## Exercise description
Among the entries below, find the lines with the word "peer" and return them.

Entries taken from a collection
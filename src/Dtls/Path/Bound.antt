-- ===== src/Dtls/Path/Bound.antt =====
-- The bound on what is sent to addresses that are not validated, over any sequence of events.
use socat.Dtls.Record.{content_rrc}
use socat.Dtls.Path.Amplification.{
  add_credit-le, uint64-le, send_message-exposure, start_basic-exposure, observe-exposure,
  for_candidate, probe_credit, unvalidated, exposure,
}
use socat.Dtls.Error.{Result, Error}
use socat.Dtls.Path.{
  same_path, add_credit, observe, path_drop, path_response, uint64, PathState, PacketPath,
  PathProbe, Sent,
}
use socat.Dtls.Path.Receive.{
  tick, answered, credit_candidate, passes, run_events, on_event, after_observe, tick_probe,
  receive, check_answer, finish_probe, respond, credit_probe, arrives, PathEvent,
}
use socat.Prelude.{
  inr, inl, false, Bool-cases, true, ap, drop, none, refl, some, ◌==◌, ◌*◌, arith, if◌then◌else◌,
  ◌≤◌, [], Bytes, ◌≡◌, ◌+◌, Option, ◌∷◌, Bool, List, ℕ,
}

-- The sizes of the records that arrive.
abbrev pub received : List PathEvent → ℕ
received [] = 0
received (arrives from number typ body size now random random' ∷ es) = size + received es
received (passes now random ∷ es) = received es

module _ (allow : ℕ → Bool) (answer : List Sent → Option Error) where
  at_most : (b : Bool) (n : ℕ) → (if b then 0 else n) ≤ n
  at_most true n = omega arith
  at_most false n = omega arith

  three_times : (size : ℕ) → uint64 (3 * size) ≤ 3 * size
  three_times size = uint64-le allow answer (3 * size)

  raised : (size : ℕ) (b : PathProbe) → (add_credit size b).credit ≤ b.credit + 3 * size
  raised size b = add_credit-le allow answer size b

  same_candidate :
      (from : PacketPath) (size : ℕ) (b : PathProbe)
      → same_path from b.candidate ≡ true
      → (if for_candidate from (some (add_credit size b)) then 0 else uint64 (3 * size)) ≡ 0
  unfolding add_credit
  same_candidate from size b e = rw e refl

  -- A challenge of the candidate raises its credit, and pays for the response from it.
  credit_probe-exposure :
      (o : Option PathProbe) (from : PacketPath) (size : ℕ) (p : PathState)
      → p.probe ≡ o
      → exposure (credit_probe o from size p)
          + (if for_candidate from (credit_probe o from size p).probe then 0 else uint64 (3 * size))
        ≤ exposure p + 3 * size
  unfolding credit_probe
  credit_probe-exposure none from size p h =
      omega (arith, at_most (for_candidate from p.probe) (uint64 (3 * size)), three_times size)
  credit_probe-exposure (some b) from size p h =
      let held : probe_credit p.probe ≡ b.credit = ap probe_credit h in
      let uncharged = at_most (for_candidate from p.probe) (uint64 (3 * size)) in
      elim (Bool-cases (same_path from b.candidate)) [
        | inl e ↦ rw e (omega (arith, raised size b, same_candidate from size b e))
        | inr e ↦ rw e (omega (arith, uncharged, three_times size))
      ]

  respond-exposure :
      (from : PacketPath) (body : Bytes) (size : ℕ) (p : PathState)
      → exposure (respond allow answer from body size p).1 ≤ exposure p + 3 * size
  unfolding respond credit_candidate
  respond-exposure from body size p =
      let typ = if from.local == p.peer.local then path_response else path_drop in
      let credited = credit_probe-exposure p.probe from size p refl in
      let sent =
        send_message-exposure allow answer from typ (drop 1 body) (uint64 (3 * size))
          (credit_probe p.probe from size p) in
      omega arith

  finish_probe-exposure : (b : PathProbe) (p : PathState) → exposure (finish_probe b p) ≤ exposure p
  unfolding finish_probe
  finish_probe-exposure b p = ground arith

  check_answer-exposure :
      (o : Option PathProbe) (from : PacketPath) (body : Bytes) (now : ℕ) (random : Result Bytes)
      (p : PathState)
      → p.probe ≡ o
      → exposure (check_answer allow answer o from body now random p).1 ≤ exposure p
  unfolding check_answer answered
  check_answer-exposure none from body now random p h = omega arith
  check_answer-exposure (some b) from body now random p h =
      let basic = start_basic-exposure allow answer b now random p h in
      let finished = finish_probe-exposure b p in ground arith

  receive-exposure :
      (from : PacketPath) (body : Bytes) (size now : ℕ) (random : Result Bytes) (p : PathState)
      → exposure (receive allow answer from body size now random p).1 ≤ exposure p + 3 * size
  unfolding receive
  receive-exposure from body size now random p =
      let responded = respond-exposure from body size p in
      let checked = check_answer-exposure p.probe from body now random p refl in ground arith

  tick_probe-exposure :
      (o : Option PathProbe) (now : ℕ) (random : Result Bytes) (p : PathState)
      → p.probe ≡ o
      → exposure (tick_probe allow answer o now random p).1 ≤ exposure p
  unfolding tick_probe
  tick_probe-exposure none now random p h = omega arith
  tick_probe-exposure (some b) now random p h =
      let basic = start_basic-exposure allow answer b now random p h in ground arith

  after_observe-exposure :
      (from : PacketPath) (epoch typ : ℕ) (body : Bytes) (size now : ℕ) (random : Result Bytes)
      (r : Option Error × PathState)
      → exposure (after_observe allow answer from epoch typ body size now random r).1
        ≤ exposure r.1 + (if typ == content_rrc then 3 * size else 0)
  unfolding after_observe
  after_observe-exposure from epoch typ body size now random (some e, p) = omega arith
  after_observe-exposure from epoch typ body size now random (none, p) =
      let got = receive-exposure from body size now random p in ground arith

  on_event-exposure :
      (e : PathEvent) (p : PathState)
      → exposure (on_event allow answer e p).1 ≤ exposure p + 3 * received (e ∷ [])
  unfolding on_event tick
  on_event-exposure (arrives from number typ body size now random random') p =
      let observed = observe-exposure allow answer from number typ size now random p in
      let after =
        after_observe-exposure from number.epoch typ body size now random'
          (observe allow answer from number typ size now random p) in
      ground arith
  on_event-exposure (passes now random) p =
      omega (arith, tick_probe-exposure p.probe now random p refl)

  -- Whatever arrives, from wherever, and whatever the transport answers: what is sent to addresses
  -- other than the peer's, with what the credit of the probe still allows, grows by three times the
  -- bytes that arrive at most.
  pub run_events-amplification :
      (es : List PathEvent) (p : PathState)
      → unvalidated (run_events allow answer es p).sent
          + probe_credit (run_events allow answer es p).probe
        ≤ unvalidated p.sent + probe_credit p.probe + 3 * received es
  unfolding run_events
  run_events-amplification [] p = omega arith
  run_events-amplification (arrives from number typ body size now random random' ∷ es) p =
      let e = arrives from number typ body size now random random' in
      omega
        (arith, run_events-amplification es (on_event allow answer e p).1, on_event-exposure e p)
  run_events-amplification (passes now random ∷ es) p =
      let e = passes now random in
      omega
        (arith, run_events-amplification es (on_event allow answer e p).1, on_event-exposure e p)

## Response area
      let typ = if from.local == p.peer.local then path_response else path_drop in
  -- other than the peer's, with what the credit of the probe still allows, grows by three times the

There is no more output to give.